Architecture
Clipboard Manager is built with clean architecture principles: a clear separation between the API surface, the business logic, and the infrastructure, with components communicating through interfaces so each layer can be tested on its own.
A learning project too
Beyond being a useful tool, this codebase is a deliberate exercise in Go
project structure and software design patterns.
Layout
- cmd
- clipd
- clipctl
- internal
- api
- service
- storage
- daemon
- monitor
- analyzer
- client
- cli
- config
- logger
- domain
- Makefile
What each package owns:
| Package | Responsibility |
|---|---|
api | HTTP handlers and routes (chi) |
service | Business logic |
storage | SQLite and in-memory stores |
daemon | Orchestration, PID file, signals, retention |
monitor | Clipboard polling |
analyzer | Sensitive-content detection |
client | HTTP client used by clipctl |
cli | Command dispatch for clipctl |
config | Flags and defaults |
logger | Structured logging with rotation |
domain | The core entry model |
How a clipboard change flows
- monitor polls the system clipboard on the configured interval and reports changes.

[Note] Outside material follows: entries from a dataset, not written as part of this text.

-- ===== src/Memory/Intact.antt =====
-- What a replay that raises nothing has shown.
use aicti.Base.{
  String, concat, ◌==◌, ◌≡◌, sym, ap, subst, ◌∙◌, eq_iff, Bool, Option, none, some, List, [], ◌∷◌,
  keep, first, ok, ok-injective, >>=-succeeds, Bool-cases, inl, inr, refl, err, true, false,
  require, Result,
}
use aicti.Value.{Value, Fields, get, is_text, is_finite}
use aicti.Hashing.{snapshot_hash}
use aicti.Library.{Library}
use aicti.Db.{Db, MemoryEvent, MemoryView}
use aicti.Memory.{
  MemoryError, malformed, discontinuity, hash_mismatch, view_mismatch, value_error, hash_payload,
  is_prev, prev_value, get_or_null, required, recomputed, checked_hash, check_event, check_view,
  check_views, expected_prev, lookup, put, replay_events, replay, in_order, latest_of,
}
use aicti.Memory.Order.{of_scope}
use aicti.Memory.Replay.{lookup-put_same, lookup-put_other, expected_prev-lookup}

-- The row of an event with the hash `hash`: its value is a dictionary whose previous hash is `p`, or
-- missing or null where `p` is none, and whose hash is that of its fields.
abbrev pub IsHashed : Library → Option String → Option Value → String → Type 0
IsHashed library p value hash =
    (event : Fields) × (run_id : Value) × (namespace : Value) × (version : Value)
    × (payload : Value) × (actor_role : Value) × (stage : Value) × (value ≡ some (Value.dict event))
    × (get_or_null "prev_hash" event ≡ prev_value p)
    × (get "event_hash" event ≡ some (Value.text hash))
    × (get "run_id" event ≡ some run_id)
    × (get "namespace" event ≡ some namespace)
    × (get "version" event ≡ some version)
    × (get "payload" event ≡ some payload)
    × (get "actor_role" event ≡ some actor_role)
    × (get "stage" event ≡ some stage)
    × (hash
        ≡ snapshot_hash library
            (hash_payload run_id namespace version payload (prev_value p) actor_role stage))

-- Each event has the hash of the one before it as its previous hash, from `p` to `q`.
abbrev pub Hashed : Library → Option String → List MemoryEvent → Option String → Type 0
Hashed library p [] q = p ≡ q
Hashed library p (e ∷ es) q =
    (hash : String) × IsHashed library p e.value hash × Hashed library (some hash) es q

-- The view of the scope has the hash too.
abbrev pub AtView : List MemoryView → String → Option String → Type 0
AtView views s none = Unit {0}
AtView views s (some hash) =
    (view : MemoryView) × (payload : Fields) × (first (latest_of s) views ≡ some view)
    × (view.value ≡ some (Value.dict payload))
    × (get "last_event_hash" payload ≡ some (Value.text hash))

is_text-some : (v : Option Value) (s : String) → is_text v s ≡ true → v ≡ some (Value.text s)
unfolding is_text
is_text-some none s h = cc
is_text-some (some Value.null) s h = cc
is_text-some (some (Value.bool b)) s h = cc
is_text-some (some (Value.int n)) s h = cc
is_text-some (some (Value.neg_int n)) s h = cc
is_text-some (some (Value.float t)) s h = cc
is_text-some (some (Value.list items)) s h = cc
is_text-some (some (Value.dict fields)) s h = cc
is_text-some (some (Value.text t)) s h = ap (λ u. some (Value.text u)) ((eq_iff t s).0 h)

is_prev-same : (p : Option String) (v : Value) → is_prev p v ≡ true → v ≡ prev_value p
unfolding is_prev prev_value
is_prev-same none Value.null h = refl
is_prev-same none (Value.bool b) h = cc
is_prev-same none (Value.int n) h = cc
is_prev-same none (Value.neg_int n) h = cc
is_prev-same none (Value.float t) h = cc
is_prev-same none (Value.text t) h = cc
is_prev-same none (Value.list items) h = cc
is_prev-same none (Value.dict fields) h = cc
is_prev-same (some hash) (Value.text t) h = ap Value.text ((eq_iff t hash).0 h)
is_prev-same (some hash) Value.null h = cc
is_prev-same (some hash) (Value.bool b) h = cc
is_prev-same (some hash) (Value.int n) h = cc
is_prev-same (some hash) (Value.neg_int n) h = cc
is_prev-same (some hash) (Value.float t) h = cc
is_prev-same (some hash) (Value.list items) h = cc
is_prev-same (some hash) (Value.dict fields) h = cc

answered :
    (o : Option Value) (v : Value)
    → ◌≡◌ {A = Result MemoryError Value} (elim o [ none ↦ err malformed | some u ↦ ok u ]) (ok v)
    → o ≡ some v
answered none v h = cc
answered (some u) v h = ap some (ok-injective h)

required-get :
    (key : String) (fields : Fields) (v : Value)
    → required key fields ≡ ok v
    → get key fields ≡ some v
unfolding required
required-get key fields v h = answered (get key fields) v h

require-true : (b : Bool) (e : MemoryError) (u : Unit {0}) → require b e ≡ ok u → b ≡ true
require-true true e u h = refl
require-true false e u h = cc

module _ (library : Library) where
  -- What the tests on an event that passes them have shown.
  check_event-IsHashed :
      (p : Option String) (value : Option Value) (hash : String)
      → check_event library p value ≡ ok hash
      → IsHashed library p value hash
  unfolding check_event recomputed checked_hash
  check_event-IsHashed p none hash h = cc
  check_event-IsHashed p (some Value.null) hash h = cc
  check_event-IsHashed p (some (Value.bool b)) hash h = cc
  check_event-IsHashed p (some (Value.int n)) hash h = cc
  check_event-IsHashed p (some (Value.neg_int n)) hash h = cc
  check_event-IsHashed p (some (Value.float t)) hash h = cc
  check_event-IsHashed p (some (Value.text t)) hash h = cc
  check_event-IsHashed p (some (Value.list items)) hash h = cc
  check_event-IsHashed p (some (Value.dict event)) hash h =
      let (u, linked, h1) =
        >>=-succeeds (require (is_prev p (get_or_null "prev_hash" event)) discontinuity) _ h in
      let (found, computed, h2) = >>=-succeeds (recomputed library event) _ h1 in
      let (u2, matches, h3) =
        >>=-succeeds (require (is_text (get "event_hash" event) found) hash_mismatch) _ h2 in
      let (run_id, a, k1) = >>=-succeeds (required "run_id" event) _ computed in
      let (namespace, b, k2) = >>=-succeeds (required "namespace" event) _ k1 in
      let (version, c, k3) = >>=-succeeds (required "version" event) _ k2 in
      let (payload, d, k4) = >>=-succeeds (required "payload" event) _ k3 in
      let (actor_role, e, k5) = >>=-succeeds (required "actor_role" event) _ k4 in
      let (stage, f, k6) = >>=-succeeds (required "stage" event) _ k5 in
      let fields : Value → Value =
        λ v. hash_payload run_id namespace version payload v actor_role stage in
      let (u3, finite, k7) =
        >>=-succeeds (require (is_finite (fields (get_or_null "prev_hash" event))) value_error) _
          k6 in
      let previous = is_prev-same p _ (require-true _ _ u linked) in
      let is = ok-injective h3 in
      (
        event,
        run_id,
        namespace,
        version,
        payload,
        actor_role,
        stage,
        refl,
        previous,
        is_text-some _ found (require-true _ _ u2 matches) ∙ ap (λ t. some (Value.text t)) is,
        required-get _ _ _ a,
        required-get _ _ _ b,
        required-get _ _ _ c,
        required-get _ _ _ d,
        required-get _ _ _ e,
        required-get _ _ _ f,
        sym is ∙ sym (ok-injective k7) ∙ ap (λ v. snapshot_hash library (fields v)) previous,
      )

check_view-value :
    (value : Option Value) (hash : String)
    → elim value [
      | some (Value.dict payload) ↦
          require (is_text (get "last_event_hash" payload) hash) view_mismatch
      | _ ↦ err malformed
    ]
      ≡ ok tt
    → (payload : Fields) × (value ≡ some (Value.dict payload))
      × (get "last_event_hash" payload ≡ some (Value.text hash))
check_view-value none hash h = cc
check_view-value (some Value.null) hash h = cc
check_view-value (some (Value.bool b)) hash h = cc
check_view-value (some (Value.int n)) hash h = cc
check_view-value (some (Value.neg_int n)) hash h = cc
check_view-value (some (Value.float t)) hash h = cc
check_view-value (some (Value.text t)) hash h = cc
check_view-value (some (Value.list items)) hash h = cc
check_view-value (some (Value.dict payload)) hash h =
    (payload, refl, is_text-some _ hash (require-true _ view_mismatch tt h))

check_view-row :
    (row : Option MemoryView) (hash : String)
    → check_view row hash ≡ ok tt
    → (view : MemoryView) × (payload : Fields) × (row ≡ some view)
      × (view.value ≡ some (Value.dict payload))
      × (get "last_event_hash" payload ≡ some (Value.text hash))
unfolding check_view
check_view-row none hash h = cc
check_view-row (some view) hash h =
    let (payload, value, last) = check_view-value view.value hash h in
    (view, payload, refl, value, last)

module _ (library : Library) (str_text : (s : String) → library.str (Value.text s) ≡ s) where
  replay_events-Hashed :
      (latest : List (String × String)) (rows : List MemoryEvent) (final : List (String × String))
      → replay_events library latest rows ≡ ok final
      → (s : String) → Hashed library (lookup s latest) (keep (of_scope s) rows) (lookup s final)
  unfolding replay_events
  replay_events-Hashed latest [] final h s = ap (lookup s) (ok-injective h)
  replay_events-Hashed latest (e ∷ rows) final h s =
      let (hash, checked, rest) =
        >>=-succeeds (check_event library (expected_prev library e.scope latest) e.value) _ h in
      let ih = replay_events-Hashed (put e.scope hash latest) rows final rest s in
      elim (Bool-cases (of_scope s e)) [
        | inl same ↦
            let here : e.scope ≡ s = (eq_iff e.scope s).0 same in
            let was : expected_prev library e.scope latest ≡ lookup s latest =
              expected_prev-lookup library str_text e.scope latest
              ∙ ap (λ t. lookup t latest) here in
            let is : lookup s (put e.scope hash latest) ≡ some hash =
              ap (λ t. lookup t (put e.scope hash latest)) (sym here)
              ∙ lookup-put_same e.scope hash latest in
            rw same (
              hash,
              check_event-IsHashed library _ _ hash
                  (ap (λ p. check_event library p e.value) (sym was) ∙ checked),
              subst (λ p. Hashed library p (keep (of_scope s) rows) (lookup s final)) is ih,
            )
        | inr other ↦ rw other (
            subst (λ p. Hashed library p (keep (of_scope s) rows) (lookup s final))
              (lookup-put_other s e.scope hash latest other) ih)
      ]

check_views-AtView :
    (views : List MemoryView) (latest : List (String × String))
    → check_views views latest ≡ ok tt
    → (s : String) → AtView views s (lookup s latest)
unfolding check_views lookup
check_views-AtView views [] h s = tt
check_views-AtView views ((t, hash) ∷ latest) h s =
    let (done, here, rest) = >>=-succeeds (check_view (first (latest_of t) views) hash) _ h in
    elim (Bool-cases (t == s)) [
      | inl e ↦ rw e (
          check_view-row (first (latest_of s) views) hash
            (ap (λ u. check_view (first (latest_of u) views) hash) (sym ((eq_iff t s).0 e)) ∙ here))
      | inr e ↦ rw e (check_views-AtView views latest rest s)
    ]

-- The events that the replay of a run reads, in its order.
abbrev pub replayed : (String → String → Bool) → String → Db → List MemoryEvent
replayed like run_id db =
    in_order (keep (λ (e : MemoryEvent). like e.scope (concat run_id ":%")) db.memory_events)

-- Where `str` leaves texts as they are: if a replay returns, then for every scope the events that it read
-- have, in the order of their versions, a dictionary each: that of the first has no previous hash or null,
-- that of each later one the hash of the one before it, and the hash in each is `snapshot_hash` of its run,
-- namespace, version, payload, previous hash, role and stage, none of which is missing; and if there is
-- an event, the scope has a latest view, and its `last_event_hash` is the hash of the last one.
pub replay-Hashed :
    (library : Library)
    → ((s : String) → library.str (Value.text s) ≡ s)
    → (like : String → String → Bool) (run_id : String) (db : Db) (scopes : List String)
    → replay library like run_id db ≡ ok scopes
    → (scope : String)
    → (q : Option String) × Hashed library none (keep (of_scope scope) (replayed like run_id db)) q
      × AtView db.memory_views scope q
unfolding replay lookup
replay-Hashed library str_text like run_id db scopes h scope =
    let (final, read, rest) =
      >>=-succeeds (replay_events library [] (replayed like run_id db)) _ h in
    let (done, checked, last) = >>=-succeeds (check_views db.memory_views final) _ rest in
    (
      lookup scope final,
      replay_events-Hashed library str_text [] (replayed like run_id db) final read scope,
      check_views-AtView db.memory_views final checked scope,
    )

- analyzer inspects the new content. If it matches a sensitive pattern (passwords, bearer tokens, API keys), the entry is dropped with a reason and never stored.
- service applies the business rules and hands the entry to storage.
- storage persists it to SQLite.
- api exposes the history over the Unix socket; clipctl consumes that same API through the client package.
Design choices
- Interfaces at the boundaries. The service layer depends on a storage interface, not on SQLite. An in-memory store implements the same interface, which is what the table-driven service tests run against.
- Unix socket, not TCP. The API is unreachable from the network by construction, and filesystem permissions (0600) are the access control.
- The daemon owns lifecycle concerns. PID file management, signal handling, graceful shutdown with a deadline, and the retention loop all live in the daemon package, away from the business logic.
Sensitive-content detection
The analyzer keeps history safe with three regex families, matched case-insensitively:
| Pattern | Matches |
|---|---|
| Passwords | password:, passwd=, pwd: followed by a value |
| Tokens | token or bearer followed by a 20+ char value |
| API keys | api_key, api-key, secret_key with a value |
Matched content is skipped before it ever reaches the database.